Through slow release, bud carving, girdling (cutting) and other measures, a large number of new shoots are cultivated, which often leads to canopy. Therefore, some dense branches, erect branches, overlapping branches, cross branches and competitive branches with elongated main branches should be pruned in summer and thinned in time from mid-June.

(9) Opening angle of autumn

The opening angle of main branch and auxiliary branch is one of the important indexes of high quality and high yield trees. Opening angle can enlarge crown, slow down growth, improve lighting conditions, facilitate nutrient accumulation, promote short branch development, promote flower bud differentiation and increase early yield.

It is better to open the angle sooner than later, because the earlier the angle is opened, the softer the branches are and the easier it is to operate. Therefore, from the second autumn after planting, it is necessary to use methods such as pulling branches to open corners. When opening the angle, it is required that the angled branches reach a certain length. Generally, the length of the lower branch is about 1 m, and the upper branch is about 70 ~ 80 cm. The best time for opening angle is autumn. At this time, the buds are full and full, and there are no leafy stripes on the back. However, it is easy to run back in the open corner in spring, and summer management measures such as bud wiping, twisting branches and bare branches must be supplemented, otherwise new shoots will flourish on the back, and it is difficult to achieve the purpose of delaying growth and promoting short branches.

The angle varies with varieties, rootstocks, trees, branches, growth intensity and site conditions.

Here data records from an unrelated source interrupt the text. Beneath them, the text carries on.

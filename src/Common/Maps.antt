-- ===== src/Common/Maps.antt =====
-- `HashMap<i64, V>` and `HashSet<i64>` as lists. A map's order stands for the iteration order, which
-- the source leaves open.
use Prim.Native.Nat.{ℕ, ◌≤◌}
use mathlib.Core.Path.{◌≡◌}
use mathlib.Core.Logic.{◌↔◌}
use mathlib.Core.Bool.{Bool, not, ◌&&◌, ◌||◌}
use mathlib.Core.Option.{Option, none, some}
use mathlib.Core.List.{List, [], ◌∷◌}
use native.Mathlib.Omega.{arith}
use clewdr_hub.Common.Tests.{◌==◌, if◌then◌else◌, is_some}
use clewdr_hub.Common.Lists.{contains, count}

module _ {ℓ} {V : Type ℓ} where
  unfoldable pub get : ℕ → List (ℕ × V) → Option V
  get k [] = none
  get k ((j, v) ∷ m) = if j == k then some v else get k m

  unfoldable pub remove : ℕ → List (ℕ × V) → List (ℕ × V)
  remove k [] = []
  remove k ((j, v) ∷ m) = let rest = remove k m in if j == k then rest else (j, v) ∷ rest

  unfoldable pub insert : ℕ → V → List (ℕ × V) → List (ℕ × V)
  insert k v m = (k, v) ∷ remove k m

  -- A write through `get_mut`.
  unfoldable pub modify : ℕ → (V → V) → List (ℕ × V) → List (ℕ × V)
  modify k f [] = []
  modify k f ((j, v) ∷ m) = (j, if j == k then f v else v) ∷ modify k f m

  abbrev pub has_key : ℕ → ℕ × V → Bool
  has_key k (j, v) = j == k

  abbrev pub contains_key : ℕ → List (ℕ × V) → Bool
  contains_key k m = is_some (get k m)

  pub get-remove :
      (k j : ℕ) (m : List (ℕ × V)) → get j (remove k m) ≡ (if k == j then none else get j m)
  unfolding get remove
  get-remove k j [] = ground arith
  get-remove k j ((i, v) ∷ m) = ground (arith, get-remove k j m)

  pub get-insert :
      (k j : ℕ) (v : V) (m : List (ℕ × V))
      → get j (insert k v m) ≡ (if k == j then some v else get j m)
  unfolding get insert
  get-insert k j v m = ground (arith, get-remove k j m)

  pub get-modify :
      (k j : ℕ) (f : V → V) (m : List (ℕ × V))
      → get j (modify k f m)
        ≡ (if k == j then elim (get j m) [ none ↦ none | some v ↦ some (f v) ] else get j m)
  unfolding get modify
  get-modify k j f [] = ground arith
  get-modify k j f ((i, v) ∷ m) = ground (arith, get-modify k j f m)

  pub count-remove :
      (k j : ℕ) (m : List (ℕ × V))
      → count (has_key j) (remove k m) ≡ (if k == j then 0 else count (has_key j) m)
  unfolding count remove
  count-remove k j [] = ground arith
  count-remove k j ((i, v) ∷ m) = ground (arith, count-remove k j m)

  pub count-insert :
      (k j : ℕ) (v : V) (m : List (ℕ × V))
      → count (has_key j) (insert k v m) ≡ (if k == j then 1 else count (has_key j) m)
  unfolding count insert
  count-insert k j v m = ground (arith, count-remove k j m)

  pub count_pos_of_get :
      (k : ℕ) (m : List (ℕ × V)) (v : V) → get k m ≡ some v → 1 ≤ count (has_key k) m
  unfolding count get
  count_pos_of_get k [] v h = cc
  count_pos_of_get k ((i, w) ∷ m) v h = ground (arith, count_pos_of_get k m v)

  pub count-get : (k : ℕ) (m : List (ℕ × V)) → (get k m ≡ none) ↔ (count (has_key k) m ≡ 0)
  unfolding count get
  count-get k [] = ground arith
  count-get k ((i, v) ∷ m) = ground (arith, count-get k m)

-- Sets.
unfoldable pub remove_id : ℕ → List ℕ → List ℕ
remove_id k [] = []
remove_id k (x ∷ xs) = let rest = remove_id k xs in if x == k then rest else x ∷ rest

unfoldable pub insert_id : ℕ → List ℕ → List ℕ
insert_id k xs = if contains k xs then xs else k ∷ xs

pub contains-remove_id :
    (k j : ℕ) (xs : List ℕ) → contains j (remove_id k xs) ≡ (not (k == j) && contains j xs)
unfolding contains remove_id
contains-remove_id k j [] = ground arith
contains-remove_id k j (x ∷ xs) = ground (arith, contains-remove_id k j xs)

pub contains-insert_id :
    (k j : ℕ) (xs : List ℕ) → contains j (insert_id k xs) ≡ (k == j || contains j xs)
unfolding contains insert_id
contains-insert_id k j xs = ground arith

Generally, the crown is sparse, the base angle of the main branch is 70 ~ 80, and the waist angle and sharp angle gradually rise. The spindle-shaped main branch has a base angle of 80 ~ 90, which is naturally horizontal. The angle between the side branch and the auxiliary branch is greater than that of the main branch. In order to keep the crown balance, the branch bottom angle with large growth should be larger than that with small growth. The angle of plain land with fertile soil and rich water resources is larger, and that of hilly land is smaller.

Opening angle methods include pulling branches, falling branches, supporting branches and so on. Opening angle is the key technology of high quality and high yield. When operating, it must be "no drilling, no burying, no bending, no turning, and a straight line before and after". Before the formation of young trees, we should insist on opening the angle every year to balance the growth of trees up and down, inside and outside. Only the lower branch is inclined, and the upper branch is not inclined, which is easy to cause the upper branch to be big and the lower branch to be small, and the upper branch to be strong and the lower branch to be weak, which is not conducive to high and stable yield.

(10) winter pruning

After defoliation, the tree will sprout or bloom in the next year, which is the continuation of annual pruning, accounting for more than 60% of the annual pruning. Pruning methods mainly include short cutting, retraction, dewatering and slow release.

Because the nutrients in the tree body, leaves and branches before defoliation flow back to the trunk branches and roots of the tree body, the tree body stores enough nutrients, and after the aboveground part is pruned, the amount of branches and buds of the tree body decreases, which can ensure the nutrient supply of the branches and buds retained by the tree body, thus promoting the growth of new shoots of the tree body. The greater the amount of tree pruning in winter, the more obvious this promotion effect is. Pruning in winter can cut off some flower buds, thus adjusting the yield of trees. In addition, it can also adjust the structure of trees and improve the lighting conditions and fruit quality in the growing season of trees.